If you're waiting for a magical firmware fix, you have a long wait ahead.


----------



## veryoldschool (Dec 10, 2006)

poppo said:


> Or tell them to fix the bug. No need for a replacement when it's obviously not the hardware. Many have proven this time and time again, but some people refuse to accept the facts. :nono2:
> 
> Funny how some of these same people can have a problem that most others don't and they will blame the firmware. But if they are not having the problem that some are, then it's defective hardware.


I really doubt there will be a software "fix" for this and what have you not understood about the work *TBlazer07* did to* prove* this noise is related to the mounting of the drive in the box?


----------



## Rich (Feb 22, 2007)

hdtvfan0001 said:


> :beatdeadhorse::beatdeadhorse::beatdeadhorse:
> 
> If you're waiting for a magical firmware fix, you have a long wait ahead.


I can't believe how stubborn some people are. To suffer thru their problems day after day waiting for a miracle is ridiculous. If it is a hardware problem, how is software gonna fix it?

Rich


----------



## hdtvfan0001 (Jul 28, 2004)

rich584 said:


> I can't believe how stubborn some people are. To suffer thru their problems day after day waiting for a miracle is ridiculous. If it is a hardware problem, how is software gonna fix it?
> 
> Rich


Some of us realize that, and some don't.


----------



## mx6bfast (Nov 8, 2006)

Our replacement HR20 from a few weeks ago is starting to make noises. Not as loud as the one it replaced, but I can still here it from where I sleep.

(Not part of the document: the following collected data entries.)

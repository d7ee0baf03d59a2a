-- ===== src/Scheduler/Soundness/History.antt =====
-- internal/scheduler/service.go: a history of transactions, each of which is rolled back when it fails.
use dwh_v.Common.{ℕ, Bool, Option, List, [], ◌∷◌, Result, ok, err}
use dwh_v.Common.Transactions.{Committed}
use dwh_v.Scheduler.Definitions.{Definition}
use dwh_v.Scheduler.Model.{Store, SchedulerError, Service}
use dwh_v.Scheduler.States.{create}
use dwh_v.Scheduler.Soundness.Creation.{create-Sounds, create_many-Sounds}
use dwh_v.Scheduler.Many.{Input, create_many}
use dwh_v.Scheduler.States.Revision.{Change, apply}
use dwh_v.Scheduler.Process.{process_transaction}
use dwh_v.Scheduler.Soundness.{IsSound, Sounds}
use dwh_v.Scheduler.Soundness.Changes.{apply-Sounds}
use dwh_v.Scheduler.Soundness.Process.{process_transaction-Sounds}

-- A transaction that somebody starts: schedules are created, or one is changed or processed.
pub data Operation : Type 0 where
  creates : Definition → Bool → Option ℕ → ℕ → Operation
  creates_many : List Input → ℕ → Operation
  changes : Change → ℕ → ℕ → ℕ → Operation
  processes : ℕ → ℕ → Operation

abbrev settle : {A : Type 0} → Store → Result SchedulerError (A × Store) → Store
settle s (ok (a, t)) = t
settle s (err e) = s

abbrev pub perform : Service → Operation → Store → Store
perform v (creates d enabled actor now) s = settle s (create v d enabled actor now s)
perform v (creates_many inputs now) s = settle s (create_many v inputs now s)
perform v (changes c id n now) s = settle s (apply v c id n now s)
perform v (processes id now) s = settle s (process_transaction v id now s)

unfoldable pub perform_all : Service → List Operation → Store → Store
perform_all v [] s = s
perform_all v (o ∷ os) s = perform_all v os (perform v o s)

settled :
    {A : Type 0} (s : Store) (r : Result SchedulerError (A × Store))
    → Committed Sounds s r
    → IsSound s
    → IsSound (settle s r)
unfolding Sounds
settled s (ok (a, t)) c h = c h
settled s (err e) c h = h

perform-IsSound : (v : Service) (o : Operation) (s : Store) → IsSound s → IsSound (perform v o s)
perform-IsSound v (creates d enabled actor now) s h =
    settled s _ (create-Sounds v d enabled actor now s) h
perform-IsSound v (creates_many inputs now) s h = settled s _ (create_many-Sounds v inputs now s) h
perform-IsSound v (changes c id n now) s h = settled s _ (apply-Sounds v c id n now s) h
perform-IsSound v (processes id now) s h = settled s _ (process_transaction-Sounds v id now s) h

-- Whatever schedules are created, one or many at once, changed and processed, and in whatever order: if at the start an enabled schedule has
-- a cursor and is not archived, a disabled one has no cursor, and identities are fresh and occur once, then so it is at
-- the end.
pub perform_all-IsSound :
    (v : Service) (os : List Operation) (s : Store) → IsSound s → IsSound (perform_all v os s)
unfolding perform_all
perform_all-IsSound v [] s h = h
perform_all-IsSound v (o ∷ os) s h =
    perform_all-IsSound v os (perform v o s) (perform-IsSound v o s h)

I just replaced the hdd in another one, so we will see how that goes.


----------



## veryoldschool (Dec 10, 2006)

rich584 said:


> I can't believe how stubborn some people are.
> Rich


I think you may be being too kind to call them stubborn.


----------



## Rich (Feb 22, 2007)

veryoldschool said:


> I think you may be being too kind to call them stubborn.


Don't want to start a war.

Rich


----------



## veryoldschool (Dec 10, 2006)

I have "twin" HR20-700s from the early days. One doesn't make any noise and the other has had slight noise from day one.
The software changes last year have caused this one to "sound off" a bit more. It isn't any louder, but simply seems to be doing it more.
If this one was in my bedroom, it might bug the hell out of me [I'm that kind of person].
It might be "a dumb solution" but I'd simply swap locations with the quiet one.
If the noisy one was so bad that it was a problem in my living room [where it is now], then I'd get it replaced.
I've got two other model DVRs that don't make any noise, so "for me" it's one out of four that has any noise.


----------



## TBlazer07 (Feb 5, 2009)

veryoldschool said:


> I really doubt there will be a software "fix" for this and what have you not understood about the work *TBlazer07* did to* prove* this noise is related to the mounting of the drive in the box?

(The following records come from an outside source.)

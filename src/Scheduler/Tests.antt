-- ===== src/Scheduler/Tests.antt =====
-- A schedule of a job that has no date, every minute.
use dwh_v.Common.{List, ◌+◌, ◌*◌, ◌≡◌, refl, true, false, none, some, [], ◌∷◌, ok, err}
use dwh_v.Common.Tables.{find_row, update_rows}
use dwh_v.Ingestion.Catalog.{category_detail, no_date}
use dwh_v.Runs.Params.{Codec, new_live_snapshot_execution, require_job, encode}
use dwh_v.Runs.Model.{Store as RunStore}
use dwh_v.Ingestion.Dates.{Calendar}
use dwh_v.Scheduler.Occurrences.{parameters_for_occurrence}
use dwh_v.Scheduler.Definitions.{
  Definition, canonical_policy, validate_policy, parse_cron, validate_definition, is_occurrence,
}
use dwh_v.Scheduler.Model.{
  Schedule, Store, Service, conflict, validated_cron, live_coalesced, unresolved, latest_attempt,
  update_schedules, update_occurrences, delivery_delay,
}
use dwh_v.Scheduler.States.{create, stop, apply_stop}
use dwh_v.Scheduler.States.Revision.{stops, updates, apply, stale_change_conflicts}
use dwh_v.Scheduler.Process.{
  Delivery, create_occurrence, verdict, record_attempt, deliver, process_occurrence, process_valid,
  process_transaction,
}
use dwh_v.Scheduler.Process.Turn.{Turn, delivery-Turn}
use dwh_v.Scheduler.Many.{Input, prepare_create, prepare_all, insert_each, create_many}
use dwh_v.Scheduler.Soundness.History.{creates_many}
use dwh_v.Scheduler.Soundness.{IsSound}
use dwh_v.Scheduler.Soundness.History.{
  creates, changes, processes, perform_all, perform_all-IsSound,
}

abbrev plain_calendar : Calendar
plain_calendar = record {
  format = λ _. "2026-01-01";
  text_le = λ _ _. true;
  next_day = λ d. d;
  last_day = 9;
}

abbrev plain_codec : Codec
plain_codec = record {
  marshal = λ _. "{}";
  valid = λ _. true;
  decode_range = λ _. none;
  decode_series = λ _. none;
  decode_nothing = λ _. none;
  at_end = λ _. true;
  parse_date = λ _. none;
  sha256 = λ _. "00";
}

abbrev no_runs : RunStore
no_runs = record {
  runs = [];
  next_id = 1;
  settings = record { max_running_jobs = 1; fixed_member_concurrency = 1; detail_concurrency = 1 };
  sources = [];
  profiles = [];
  audits = [];
}

abbrev minutely : Service
minutely = record {
  rules = record {
    jobs = record { key = "accounts"; category = category_detail; date_strategy = no_date } ∷ [];
    trim_space = λ s. s;
    has_prefix = λ _ _. false;
    contains = λ _ _. false;
    parse = λ _ _. some (λ t. some (t + 60 * 1000000));
    is_empty_object = λ _. true;
    policy_checksum = λ _ _ _. "00";
    no_checksum = "";
  };
  submit = λ _ _ _ _ _ _ s. ok (1, record s { next_id = 2 });
  reference = λ _ _ _. "schedule:1";
  civil = λ _. record { year = 2026; month = 1; day = 1 };
  calendar = plain_calendar;
  codec = plain_codec;
  safe_message = λ s. s;
}

abbrev every_minute : Definition
every_minute = record {
  name = "accounts";
  job_key = "accounts";
  cron_expression = "* * * * *";
  timezone = "Asia/Jakarta";
  policy = record { kind = "live_snapshot"; version = 1; payload = "{}"; checksum = "00" };
}

abbrev due_schedule : Schedule
due_schedule = record {
  id = 1;
  definition = every_minute;
  enabled = true;
  next_run_at = some 120000000;
  revision = 1;
  not_before = none;
  block_reason = none;
  validation_error = none;
  created_by = some 1;
  archived_at = none;
}

abbrev due_store : Store
due_store = record {
  schedules = due_schedule ∷ [];
  next_schedule = 2;
  occurrences = [];
  next_occurrence = 1;
  attempts = [];
  runs = no_runs;
}

abbrev first_delivery : Delivery
first_delivery = record {
  schedule = 1;
  occurrence = 1;
  run = 1;
  attempt = 1;
  scheduled_for = 120000000;
}

abbrev delivered : Store
delivered = record due_store {
  schedules = record due_schedule { not_before = some (130000000 + delivery_delay) } ∷ [];
  occurrences =
      record {
        id = 1;
        schedule = 1;
        scheduled_for = 120000000;
        identity_source = validated_cron;
        resolution_mode = live_coalesced;
        status = unresolved;
        definition = every_minute;
        attempt_count = 1;
        retry_not_before = none;
        rejection = none;
        closed_at = none;
      }
      ∷ [];
  next_occurrence = 2;
  attempts =
      record {
        occurrence = 1;
        attempt_no = 1;
        run = 1;
        reference = "schedule:1";
        submitted_at = 130000000;
      }
      ∷ [];
  runs = record no_runs { next_id = 2 };
}

delivery-Turn_example : Turn minutely 1 130000000 due_store first_delivery
unfolding process_transaction process_valid process_occurrence verdict latest_attempt deliver
    record_attempt create_occurrence update_schedules update_occurrences update_rows find_row
    validate_definition validate_policy canonical_policy parse_cron is_occurrence
    parameters_for_occurrence new_live_snapshot_execution require_job encode
delivery-Turn_example = delivery-Turn minutely 1 130000000 due_store delivered first_delivery refl

abbrev disabled : Store
disabled = record due_store {
  schedules = record due_schedule { enabled = false; next_run_at = none; revision = 2 } ∷ [];
}

stale_change_conflicts_example :
    apply minutely (updates every_minute) 1 1 131000000 disabled ≡ err conflict
unfolding apply stop apply_stop update_schedules update_rows find_row
stale_change_conflicts_example =
    stale_change_conflicts minutely (stops false) (updates every_minute) 1 1 130000000 131000000
      due_store disabled (tt, tt) refl

abbrev empty_store : Store
empty_store = record due_store { schedules = []; next_schedule = 1 }

perform_all-IsSound_example : IsSound (
    perform_all minutely
      (creates every_minute true (some 1) 60000000
        ∷ processes 1 130000000
        ∷ changes (stops true) 1 1 140000000
        ∷ [])
      empty_store)
perform_all-IsSound_example =
    perform_all-IsSound minutely _ empty_store (record { cursors = tt; keyed = tt; below = tt })

archived_in_the_end :
    (perform_all minutely
      (creates every_minute true (some 1) 60000000
        ∷ processes 1 130000000
        ∷ changes (stops true) 1 1 140000000
        ∷ [])
      empty_store).schedules
    ≡ record due_schedule {
      enabled = false;
      next_run_at = none;
      revision = 2;
      archived_at = some 140000000;
    }
      ∷ []
unfolding perform_all create apply stop apply_stop process_transaction process_valid
    process_occurrence verdict latest_attempt deliver record_attempt create_occurrence
    update_schedules update_occurrences update_rows find_row validate_definition validate_policy
    canonical_policy parse_cron is_occurrence parameters_for_occurrence new_live_snapshot_execution
    require_job encode
archived_in_the_end = refl

abbrev sourced : Store
sourced = record empty_store {
  runs = record no_runs {
    sources = record { key = "accounts"; enabled = true; profile = none } ∷ [];
  };
}

abbrev one_input : List Input
one_input = record { definition = every_minute; enabled = true; actor = some 1 } ∷ []

asked_again :
    perform_all minutely
      (creates_many one_input 60000000 ∷ creates_many one_input 60000000 ∷ [])
      sourced
    ≡ record sourced { schedules = due_schedule ∷ []; next_schedule = 2 }
unfolding perform_all create_many prepare_all prepare_create insert_each find_row
    validate_definition validate_policy canonical_policy parse_cron
asked_again = refl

 In a roundabout way, yes, but if the software didn't cause all the extra thrashing (indexing or whatever) this "noise" wouldn't be an issue due to the drive mounting (because it never was a problem before the software change).


----------



## Huskerville (Oct 2, 2009)

Another HR20-700 problem sufferer here. Thrashing. Stuttering. Glitches during recording and playback. Yes, yes & yes. All since the Double Play update. It worked fine before that. It's to the point I've given up on any updates fixing the problem. It hasn't gotten any better w/ recent releases. I don't care so much about the noise but it affects the recording & viewing to the point it's about unwatchable. 95% of the problems are with OTA broadcasts. Something w/ mpeg2 I assume? I've run all the tests and they all say nothing is wrong w/ the hard drive. So questions...

1. If they send a replacement HR20-700, am I going to have the same problems? Anyone get a replacement 20-700 that works "normally" again? As in...work fine like 6 months ago?

2. Can I request a different model? And then a corresponding AM21? I need OTA capability and I don't want to get caught up in a round and round deal w/ the 20-700.

Thanks. I never have good luck w/ the ol' call to DirecTV it seems.


----------



## AntonyB (May 2, 2008)

Huskerville said:


> Another HR20-700 problem sufferer here. Thrashing. Stuttering. Glitches during recording and playback. Yes, yes & yes. All since the Double Play update. It worked fine before that. It's to the point I've given up on any updates fixing the problem. It hasn't gotten any better w/ recent releases. I don't care so much about the noise but it affects the recording & viewing to the point it's about unwatchable. 95% of the problems are with OTA broadcasts. Something w/ mpeg2 I assume? I've run all the tests and they all say nothing is wrong w/ the hard drive. So questions...
> 
> 1. If they send a replacement HR20-700, am I going to have the same problems? Anyone get a replacement 20-700 that works "normally" again? As in...work fine like 6 months ago?
> 
> ...


Yes I feel your pain. The 0x0395 NR fixed the vast majority of the stuttering for SAT channels for me (only seen one or maybe two instances since), but it continues to be a problem with OTA. I'm pretty sure it's because it's MPEG2. In fact if you try recording chnl 76, which is MPEG2, I bet you'll see the problem worse than on the MPEG4 stations.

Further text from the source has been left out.